My child is not perfect, but he’s my child and I love him. There’s no secret about that. You all know that by now. No child is perfect, really. None of us are. He has good days and bad days and truly horrible days. And yes, he quite frequently shows his butt at school, figuratively speaking (well, for the most part). But he has Autism and ADHD and has a difficult time with both impulse-control and self-regulation of emotions, not to mention his problems with sensory-integration and social skills.
But today I had an IEP meeting with a child whose parent happens to be a teacher, and she was a very well-behaved child. I commented on how mature she seemed (this was my first time meeting the student), and they all talked about how good she was. And the parent said that “she’d better be” because she’s a teacher’s child. That her son prides himself on always having green days at school. And that she could deal with it if that grades dipped down some, but there’s nothing worse than a teacher’s child with bad behavior. A cringed a little internally at the comment, smile plastered on my face. The comment wasn’t meant to hurt me.
How could she know that my son frequently had yellows and oranges and sometimes even reds? Yes, he has lots of green days, too, but it’s hard for him. He’s on medication to help control his behavior, but he metabolizes it so quickly that we are often changing things up, and medication isn’t the end-all, be-all. We have to figure out what he’ll work for and come up with behavior charts and reward systems and when those stop working, we have to come up with new things. He’s ever-evolving. Always changing. He throws shoes, bites himself, spits, screams, and sometimes takes his clothes off.
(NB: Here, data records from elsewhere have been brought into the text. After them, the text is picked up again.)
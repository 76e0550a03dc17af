-- ===== src/Tests/OcrJobs.antt =====
-- backend/app/services/ocr_outbox.py on one receipt with one job.
use prislapp.Prelude.{
  [], arith, count, false, if◌then◌else◌, leb, map, none, refl, some, true, ℕ, ◌&&◌, ◌+◌, ◌∷◌, ◌≡◌,
  ◌≤◌,
}
use prislapp.OcrOutbox.Completion.{IsRead, complete_ocr_result-claim_ocr_job}
use prislapp.OcrOutbox.Jobs.{claim_ocr_job, complete_ocr_result, fail_ocr_job, new_job}
use prislapp.OcrOutbox.Leases.{claim_ocr_job-exclusive, claim_ocr_job-fences}
use prislapp.OcrOutbox.Missing.{process_receipt_with_db-missing}
use prislapp.OcrOutbox.Model.{
  ClaimedOcrJob, JobOutbox, OcrDb, OcrReceipt, Store, default_settings, empty_ocr, failed_permanent,
  ocr_failed, published,
}
use prislapp.OcrOutbox.Moving.Publishes.{reconcile_job_outbox-Moves}
use prislapp.OcrOutbox.Outcomes.{process_receipt_with_db-IsEnded}
use prislapp.OcrOutbox.Publishing.{Delivery, commit_published, reconcile_job_outbox}
use prislapp.OcrOutbox.Receipts.{receipt_uploaded}
use prislapp.OcrOutbox.Runs.{Reaches, Reaches-Moves, at_start, claims, fails, then_step}
use prislapp.OcrOutbox.Steps.{IsSound, Moves, Moves-refl}
use prislapp.OcrOutbox.Stores.{ParsedReceipt, is_named, normalize_store_name}
use prislapp.OcrOutbox.Worker.{Draws, Work, process_receipt_with_db, read}
use prislapp.Prelude.Decimal.{whole}
use prislapp.Prelude.Text.{Text}

abbrev waiting : JobOutbox
waiting = new_job 1 7 20 50

abbrev photo : OcrReceipt
photo = record {
  id = 20;
  user_id = 7;
  status = receipt_uploaded;
  image_path = 55 ∷ [];
  raw_ocr_text = none;
  store_id = none;
  purchase_date = none;
  total = none;
  ocr_extraction_json = none;
  ocr_quality = none;
  ocr_pipeline_version = none;
}

abbrev queued : OcrDb
queued = record {
  jobs = waiting ∷ [];
  users = record { id = 7; deleted_at = none } ∷ [];
  receipts = photo ∷ [];
  receipt_lines = [];
  stores = [];
}

queued-IsSound : IsSound default_settings queued.jobs
queued-IsSound = record {
  job_ids = (tt, tt);
  single_active = λ r. ground arith;
  bounded = (omega arith, tt);
}

abbrev first_claim : ClaimedOcrJob
first_claim = record { outbox_id = 1; attempt_id = 900; image_path = 55 ∷ [] }

claim_granted : (claim_ocr_job default_settings 100 900 20 queued).0 ≡ some first_claim
unfolding claim_ocr_job
claim_granted = refl

abbrev claimed_db : OcrDb
claimed_db = (claim_ocr_job default_settings 100 900 20 queued).1

abbrev reading_of_photo : ParsedReceipt
reading_of_photo = record {
  raw_text = 65 ∷ [];
  store_name = some (75 ∷ 73 ∷ []);
  store_chain = none;
  purchase_date = some 40;
  total = some (whole 12);
  items = [];
  extraction_json = none;
  quality = none;
  pipeline_version = none;
}

-- A form of the name in lower case, for capital letters of ASCII.
abbrev lower : Text → Text
lower = map (λ c. if leb 65 c && leb c 90 then c + 32 else c)

claim_ocr_job-exclusive_example :
    claim_ocr_job default_settings 399 901 20 claimed_db ≡ (none, claimed_db)
claim_ocr_job-exclusive_example =
    claim_ocr_job-exclusive default_settings 100 900 20 queued first_claim claim_granted 399 901
      (omega arith)

-- The lease is over at 400.
reclaimed :
    (claim_ocr_job default_settings 400 901 20 claimed_db).0
    ≡ some (record { outbox_id = 1; attempt_id = 901; image_path = 55 ∷ [] })
unfolding claim_ocr_job
reclaimed = refl

claim_ocr_job-fences_example :
    (complete_ocr_result lower 70 20 899 none reading_of_photo claimed_db
      ≡ (some false, claimed_db))
    × (fail_ocr_job default_settings 20 899 ocr_failed true claimed_db ≡ claimed_db)
claim_ocr_job-fences_example =
    claim_ocr_job-fences default_settings 100 900 20 queued first_claim queued-IsSound claim_granted
      899 (omega arith) lower 70 none reading_of_photo ocr_failed true

no_stores : (name : Text) → count (is_named name) queued.stores ≤ 1
no_stores name = omega arith

complete_ocr_result-claim_ocr_job_example :
    ((complete_ocr_result lower 70 20 900 none reading_of_photo claimed_db).0 ≡ some true)
    × IsRead lower none 20 reading_of_photo
        (complete_ocr_result lower 70 20 900 none reading_of_photo claimed_db).1
complete_ocr_result-claim_ocr_job_example =
    complete_ocr_result-claim_ocr_job default_settings 100 900 20 queued first_claim queued-IsSound
      no_stores claim_granted lower 70 none reading_of_photo

-- Two stores with the name of the reading: the completion raises.
abbrev twin : ℕ → Store
twin id = record { id = id; name = 75 ∷ []; normalized_name = 107 ∷ 105 ∷ []; chain = none }

ambiguous :
    (complete_ocr_result lower 70 20 900 none reading_of_photo
      (record claimed_db { stores = twin 1 ∷ twin 2 ∷ [] })).0
    ≡ none
unfolding claim_ocr_job complete_ocr_result
ambiguous = refl

-- A claim, and its failure for good.
abbrev given_up_db : OcrDb
given_up_db = fail_ocr_job default_settings 20 900 empty_ocr true claimed_db

two_steps : Reaches default_settings false queued given_up_db
two_steps =
    then_step (then_step at_start (claims 100 900 20 queued))
      (fails 20 900 empty_ocr true claimed_db)

Reaches-Moves_example : Moves default_settings queued.jobs given_up_db.jobs
Reaches-Moves_example = Reaches-Moves default_settings two_steps queued-IsSound

-- A publish that read the job as pending before it was claimed and given up.
abbrev republished_db : OcrDb
republished_db = (commit_published 1 300 given_up_db).1

-- The job that was given up is published again.
reopened :
    (map (λ job. job.status) given_up_db.jobs ≡ failed_permanent ∷ [])
    × (map (λ job. job.status) republished_db.jobs ≡ published ∷ [])
unfolding claim_ocr_job fail_ocr_job commit_published
reopened = (refl, refl)

abbrev quiet_work : Work
quiet_work = record {
  fold = lower;
  reading = λ claimed. read reading_of_photo;
  others = λ db. db;
  raised = none;
}

abbrev draws : Draws
draws = record {
  claim_time = 100;
  attempt_id = 900;
  job_id = 2;
  enqueue_time = 101;
  second_time = 102;
  second_attempt_id = 901;
  store_id = 70;
}

process_receipt_with_db-IsEnded_example :
    IsRead lower none 20 reading_of_photo
      (process_receipt_with_db default_settings quiet_work draws 20 queued)
process_receipt_with_db-IsEnded_example =
    process_receipt_with_db-IsEnded default_settings quiet_work draws 20 queued first_claim
      queued-IsSound no_stores claim_granted refl

-- The receipt without a job.
abbrev jobless : OcrDb
jobless = record queued { jobs = [] }

jobless-IsSound : IsSound default_settings jobless.jobs
jobless-IsSound = record { job_ids = tt; single_active = λ r. omega arith; bounded = tt }

process_receipt_with_db-missing_example :
    IsRead lower none 20 reading_of_photo
      (process_receipt_with_db default_settings quiet_work draws 20 jobless)
process_receipt_with_db-missing_example =
    process_receipt_with_db-missing default_settings quiet_work draws 20 jobless photo
      jobless-IsSound no_stores refl refl refl refl refl (omega arith) (λ c. refl)

-- "KI" is kept as "ki".
kept_name : normalize_store_name lower (75 ∷ 73 ∷ 46 ∷ 32 ∷ []) ≡ 107 ∷ 105 ∷ []
unfolding normalize_store_name
kept_name = refl

-- A broker that takes every job while nothing else happens.
abbrev take_all_jobs : JobOutbox → Delivery
take_all_jobs job = record { delivered = true; others = λ db. db; time = 60 }

reconcile_job_outbox-Moves_example :
    Moves default_settings queued.jobs
      (reconcile_job_outbox default_settings take_all_jobs none 60 queued).1.jobs
reconcile_job_outbox-Moves_example =
    reconcile_job_outbox-Moves default_settings take_all_jobs
      (λ job b sound. Moves-refl default_settings b.jobs sound) none 60 queued queued-IsSound

-- At 55 the job of 50 is due, at 54 it is not.
due_at_age : (reconcile_job_outbox default_settings take_all_jobs none 55 queued).0 ≡ some 1
unfolding reconcile_job_outbox
due_at_age = refl

young : (reconcile_job_outbox default_settings take_all_jobs none 54 queued).0 ≡ some 0
unfolding reconcile_job_outbox
young = refl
And yes, he’s a teacher’s child. Before we knew that he had special needs. When he, as far as we knew, was developing normally and listened to us still and did as he was told, I used to say the same thing. “My child better never…” I would say. Oh no. Not my child. Because I’m a teacher, and I will not have him embarrass me like that. Right?
Well, guess what? It’s not that simple, is it? My child is not misbehaving because he wasn’t taught any better or because we never disciplined him. Before he started this behavior regression around 18 months, time-outs worked and he did everything we told him to do. Things were easy (deceptively so). It stings still to hear people say words that I feel are judgmental about children in general. It stings because it’s just so damned hard some days to make myself see that I’m being too hard on him or asking him to do something that’s just not going to happen. It’s hard to see that I’ve had to change my expectations so drastically, fight so hard for us to climb such a short ladder, and then still deal with people who don’t get it.
So yes, he’s a teacher’s child. And no, he does not always behave like typically developing children do. And it hurts still to hear those words. The words that I used to say. Because I guess, in a way, I’m still mourning the loss of what I expected for my child. It’s only been two years since the diagnosis. Some days I feel like I’m okay with all of this, but other days it hits me like a ton of bricks. Today was one of those days. I guess it’s just part of the process.
Sidenote: For the record, my son’s special ed teachers always get gifts for Teacher Appreciation Week because, at least so far, they go above and beyond for him and us. We’re a lot of work. Teacher Appreciate week is THIS WEEK by the way!